Collected data
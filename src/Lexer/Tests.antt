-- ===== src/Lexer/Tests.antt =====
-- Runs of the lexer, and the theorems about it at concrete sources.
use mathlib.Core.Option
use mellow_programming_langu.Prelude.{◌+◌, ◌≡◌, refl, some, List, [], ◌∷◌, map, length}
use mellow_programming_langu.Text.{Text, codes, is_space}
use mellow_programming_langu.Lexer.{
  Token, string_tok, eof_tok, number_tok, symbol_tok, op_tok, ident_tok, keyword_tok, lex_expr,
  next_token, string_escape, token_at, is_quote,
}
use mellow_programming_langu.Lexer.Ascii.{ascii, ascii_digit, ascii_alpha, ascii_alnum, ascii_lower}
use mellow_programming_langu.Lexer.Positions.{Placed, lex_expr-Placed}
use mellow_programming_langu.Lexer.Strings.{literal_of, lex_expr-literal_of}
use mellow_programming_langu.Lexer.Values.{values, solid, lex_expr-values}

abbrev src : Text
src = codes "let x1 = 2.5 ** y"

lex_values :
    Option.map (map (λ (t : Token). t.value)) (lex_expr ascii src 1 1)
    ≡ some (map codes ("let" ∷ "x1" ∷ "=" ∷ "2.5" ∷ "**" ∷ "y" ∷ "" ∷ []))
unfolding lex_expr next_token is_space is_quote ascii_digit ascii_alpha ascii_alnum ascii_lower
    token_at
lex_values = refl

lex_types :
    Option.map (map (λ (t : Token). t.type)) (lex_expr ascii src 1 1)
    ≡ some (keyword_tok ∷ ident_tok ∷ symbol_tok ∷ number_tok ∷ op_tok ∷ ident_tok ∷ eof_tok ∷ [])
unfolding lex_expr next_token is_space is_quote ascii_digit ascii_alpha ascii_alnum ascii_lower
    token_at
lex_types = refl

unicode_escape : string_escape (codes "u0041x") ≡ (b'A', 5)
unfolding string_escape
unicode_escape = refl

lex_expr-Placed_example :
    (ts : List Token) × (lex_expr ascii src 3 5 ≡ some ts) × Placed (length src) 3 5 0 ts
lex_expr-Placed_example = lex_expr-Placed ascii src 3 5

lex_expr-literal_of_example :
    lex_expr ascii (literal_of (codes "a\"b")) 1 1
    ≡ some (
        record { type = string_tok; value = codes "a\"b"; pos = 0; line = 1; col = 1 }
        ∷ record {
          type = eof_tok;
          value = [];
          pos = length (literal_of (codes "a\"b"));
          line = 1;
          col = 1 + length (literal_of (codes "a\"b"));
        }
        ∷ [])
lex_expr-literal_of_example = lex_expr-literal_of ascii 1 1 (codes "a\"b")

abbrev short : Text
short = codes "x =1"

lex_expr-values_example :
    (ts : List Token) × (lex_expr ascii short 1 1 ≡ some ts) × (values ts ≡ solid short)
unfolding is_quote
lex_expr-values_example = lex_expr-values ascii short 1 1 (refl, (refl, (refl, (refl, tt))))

ASSIGNMENT: Reproduce the records above exactly, character for character.

EXERCISE SOLUTION:
filename src/Lexer/Tests.antt
-- ===== src/Lexer/Tests.antt =====
-- Runs of the lexer, and the theorems about it at concrete sources.
use mathlib.Core.Option
use mellow_programming_langu.Prelude.{◌+◌, ◌≡◌, refl, some, List, [], ◌∷◌, map, length}
use mellow_programming_langu.Text.{Text, codes, is_space}
use mellow_programming_langu.Lexer.{
  Token, string_tok, eof_tok, number_tok, symbol_tok, op_tok, ident_tok, keyword_tok, lex_expr,
  next_token, string_escape, token_at, is_quote,
}
use mellow_programming_langu.Lexer.Ascii.{ascii, ascii_digit, ascii_alpha, ascii_alnum, ascii_lower}
use mellow_programming_langu.Lexer.Positions.{Placed, lex_expr-Placed}
use mellow_programming_langu.Lexer.Strings.{literal_of, lex_expr-literal_of}
use mellow_programming_langu.Lexer.Values.{values, solid, lex_expr-values}

abbrev src : Text
src = codes "let x1 = 2.5 ** y"

lex_values :
    Option.map (map (λ (t : Token). t.value)) (lex_expr ascii src 1 1)
    ≡ some (map codes ("let" ∷ "x1" ∷ "=" ∷ "2.5" ∷ "**" ∷ "y" ∷ "" ∷ []))
unfolding lex_expr next_token is_space is_quote ascii_digit ascii_alpha ascii_alnum ascii_lower
    token_at
lex_values = refl

lex_types :
    Option.map (map (λ (t : Token). t.type)) (lex_expr ascii src 1 1)
    ≡ some (keyword_tok ∷ ident_tok ∷ symbol_tok ∷ number_tok ∷ op_tok ∷ ident_tok ∷ eof_tok ∷ [])
unfolding lex_expr next_token is_space is_quote ascii_digit ascii_alpha ascii_alnum ascii_lower
    token_at
lex_types = refl

unicode_escape : string_escape (codes "u0041x") ≡ (b'A', 5)
unfolding string_escape
unicode_escape = refl

lex_expr-Placed_example :
    (ts : List Token) × (lex_expr ascii src 3 5 ≡ some ts) × Placed (length src) 3 5 0 ts
lex_expr-Placed_example = lex_expr-Placed ascii src 3 5

lex_expr-literal_of_example :
    lex_expr ascii (literal_of (codes "a\"b")) 1 1
    ≡ some (
        record { type = string_tok; value = codes "a\"b"; pos = 0; line = 1; col = 1 }
        ∷ record {
          type = eof_tok;
          value = [];
          pos = length (literal_of (codes "a\"b"));
          line = 1;
          col = 1 + length (literal_of (codes "a\"b"));
        }
        ∷ [])
lex_expr-literal_of_example = lex_expr-literal_of ascii 1 1 (codes "a\"b")

abbrev short : Text
short = codes "x =1"

lex_expr-values_example :
    (ts : List Token) × (lex_expr ascii short 1 1 ≡ some ts) × (values ts ≡ solid short)
unfolding is_quote
lex_expr-values_example = lex_expr-values ascii short 1 1 (refl, (refl, (refl, (refl, tt))))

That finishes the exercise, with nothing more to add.